Alaska exempts outside salesmen from its minimum wage and overtime requirements. AK Statute 23.10.055(a)(9)(B) To qualify as an outside salesman, an employee must:

  • customarily and regularly work away from the employer’s place of business; and
  • as a primary duty, make sales or contracts for sales, consignments, or shipments, or obtaining orders for services or for use of facility to be paid for by the customer

AK Statute 23.10.055(c)(3)

Salesmen employed on straight commission basis

Alaska exempts salesmen who are paid on a straight commission basis from its minimum wage and overtime requirements. AK Statute 23.10.055(a)(9)(B) To qualify as an outside salesman, an employee must:

  • customarily and regularly works on the employer’s premises;
  • be compensate solely on a commission basis (does not receive a guaranteed wage or salary) – AK Admin. Code 8.15.910(a)(16); and
  • as a primary duty, make sales or contracts for sales, consignments, or shipments, or obtaining orders for services or for use of facility to be paid for by the customer

AK Statute 23.10.055(c)(4)

For purposes of a straight commission employment arrangement, commission may be calculated by using:

  • a percentage of the value of gross or net sales,
  • an formula for the value of goods or service sold that is agreed upon by the employee, or
  • a flat rate for reaching a particular sales volume or the sale of a particular item.

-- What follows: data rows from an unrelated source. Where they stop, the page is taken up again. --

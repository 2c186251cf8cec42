-- ===== src/Outbox/Repository/Identity.antt =====
-- Rows of distinct ids, and what a claim's SELECT returns of them.
use iveri_nest_sdk.Common.{
  ℕ, ◌≤◌, ◌≡◌, ◌≢◌, refl, sym, Bool, true, false, ◌&&◌, not, Option, none, some, List, [], ◌∷◌, inl,
  inr, arith, All, All-mono, All-take, length, length-take-le, Bool-cases, select, ◌==◌,
  if◌then◌else◌,
}
use iveri_nest_sdk.Outbox.Event.{OutboxEvent, Table, Claim}
use iveri_nest_sdk.Outbox.Repository.{
  has_id, save_claims, update_rows, is_due, due_rows, ClaimInput, is_before, insert_row, order_rows,
}

abbrev pub Unique : Table → Type 0
Unique [] = Unit
Unique (row ∷ table) = (has_id row.id table ≡ false) × Unique table

abbrev pub find_row : ℕ → Table → Option OutboxEvent
find_row i [] = none
find_row i (row ∷ table) = if row.id == i then some row else find_row i table

-- Same id, same row.
abbrev pub IsOnly : Table → OutboxEvent → Type 0
IsOnly table r = All (λ row. row.id ≡ r.id → row ≡ r) table

others_differ : (i : ℕ) (table : Table) → has_id i table ≡ false → All (λ row. row.id ≢ i) table
others_differ i [] h = tt
others_differ i (row ∷ table) h = (λ e. ground arith, others_differ i table (ground arith))

IsOnly-of_fresh : (r : OutboxEvent) (table : Table) → has_id r.id table ≡ false → IsOnly table r
IsOnly-of_fresh r table h =
    All-mono (λ row. row.id ≢ r.id) (λ row. row.id ≡ r.id → row ≡ r) table
      (λ row ne e. absurd (ne e)) (others_differ r.id table h)

IsOnly-cons :
    (r : OutboxEvent) (table rows : Table)
    → All (λ row. row.id ≢ r.id) rows
    → All (IsOnly table) rows
    → All (IsOnly (r ∷ table)) rows
IsOnly-cons r table [] ne only = tt
IsOnly-cons r table (row ∷ rows) ne only =
    (((λ e. absurd (ne.0 (sym e))), only.0), IsOnly-cons r table rows ne.1 only.1)

pub Unique-IsOnly : (table : Table) → Unique table → All (IsOnly table) table
Unique-IsOnly [] h = tt
Unique-IsOnly (r ∷ table) h = (
  ((λ e. refl), IsOnly-of_fresh r table h.0),
  IsOnly-cons r table table (others_differ r.id table h.0) (Unique-IsOnly table h.1),
)

module _ (P : OutboxEvent → Type 0) where
  All-select : (p : OutboxEvent → Bool) (rows : Table) → All P rows → All P (select p rows)
  All-select p [] h = tt
  All-select p (r ∷ rows) h =
      let rest = All-select p rows h.1 in
      elim (Bool-cases (p r)) [ inl e ↦ rw e (h.0, rest) | inr e ↦ rw e rest ]

  All-insert_row : (a : OutboxEvent) (rows : Table) → P a → All P rows → All P (insert_row a rows)
  unfolding insert_row
  All-insert_row a [] p h = (p, tt)
  All-insert_row a (b ∷ rows) p h =
      let rest = All-insert_row a rows p h.1 in
      elim (Bool-cases (is_before a b)) [ inl e ↦ rw e (p, h) | inr e ↦ rw e (h.0, rest) ]

  All-order_rows : (rows : Table) → All P rows → All P (order_rows rows)
  unfolding order_rows
  All-order_rows [] h = tt
  All-order_rows (a ∷ rows) h = All-insert_row a (order_rows rows) h.0 (All-order_rows rows h.1)

  -- What holds of every row of the table holds of every row that a claim selects.
  pub All-due_rows :
      (dto : ClaimInput) (now : ℕ) (is_locked : OutboxEvent → Bool) (table : Table)
      → All P table
      → All P (due_rows dto now is_locked table)
  unfolding due_rows
  All-due_rows dto now is_locked table h =
      All-take P dto.batch_size _ (All-order_rows _ (All-select _ table h))

-- Writes keep the ids.
module _ (claim : Claim) (patch : OutboxEvent → OutboxEvent) where
  has_id-update_rows :
      ((row : OutboxEvent) → (patch row).id ≡ row.id)
      → (i : ℕ) (table : Table) → has_id i (update_rows claim patch table) ≡ has_id i table
  unfolding update_rows
  has_id-update_rows same i [] = refl
  has_id-update_rows same i (row ∷ table) =
      ground (arith, same row, has_id-update_rows same i table)

  pub Unique-update_rows :
      ((row : OutboxEvent) → (patch row).id ≡ row.id)
      → (table : Table) → Unique table
      → Unique (update_rows claim patch table)
  unfolding update_rows
  Unique-update_rows same [] h = tt
  Unique-update_rows same (row ∷ table) h = ground (
    arith,
    same row,
    has_id-update_rows same row.id table,
    has_id-update_rows same (patch row).id table,
    Unique-update_rows same table h.1,
  )

module _ (claim_token claimed_at : ℕ) (rows : List OutboxEvent) where
  has_id-save_claims :
      (i : ℕ) (table : Table)
      → has_id i (save_claims claim_token claimed_at rows table) ≡ has_id i table
  unfolding save_claims
  has_id-save_claims i [] = refl
  has_id-save_claims i (row ∷ table) = ground (arith, has_id-save_claims i table)

  pub Unique-save_claims :
      (table : Table) → Unique table → Unique (save_claims claim_token claimed_at rows table)
  unfolding save_claims
  Unique-save_claims [] h = tt
  Unique-save_claims (row ∷ table) h =
      ground (arith, has_id-save_claims row.id table, Unique-save_claims table h.1)

All-select_own : (p : OutboxEvent → Bool) (rows : Table) → All (λ r. p r ≡ true) (select p rows)
All-select_own p [] = tt
All-select_own p (r ∷ rows) =
    let rest = All-select_own p rows in
    elim (Bool-cases (p r)) [ inl e ↦ rw e (e, rest) | inr e ↦ rw e rest ]

-- Every row that a claim selects is due, and no other transaction has it locked.
pub due_rows-due :
    (dto : ClaimInput) (now : ℕ) (is_locked : OutboxEvent → Bool) (table : Table)
    → All
        (λ r. (is_due dto.claim_timeout_ms now r ≡ true) × (is_locked r ≡ false))
        (due_rows dto now is_locked table)
unfolding due_rows
due_rows-due dto now is_locked table = All-take _ dto.batch_size _ (
    All-order_rows _ _ (
      All-mono _ _ (select (λ e. is_due dto.claim_timeout_ms now e && not (is_locked e)) table)
        (λ r both. (ground arith, ground arith)) (All-select_own _ table)))

pub due_rows-length :
    (dto : ClaimInput) (now : ℕ) (is_locked : OutboxEvent → Bool) (table : Table)
    → length (due_rows dto now is_locked table) ≤ dto.batch_size
unfolding due_rows
due_rows-length dto now is_locked table = length-take-le dto.batch_size _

AK Admin. Code 8.15.910(a)(16)


Computer employee exemption

Alaska exempts computer systems analyst, computer programmer, software engineer, or other similarly skilled worker from its minimum wage and overtime requirements. AK Statute 23.10.055(a)(9)(C) To qualify for the exemption, an employee must meet the requirements established under the federal Fair Labor Standards Act. FLSA: Computer Employees; AK Statute 23.10.055(c)(2)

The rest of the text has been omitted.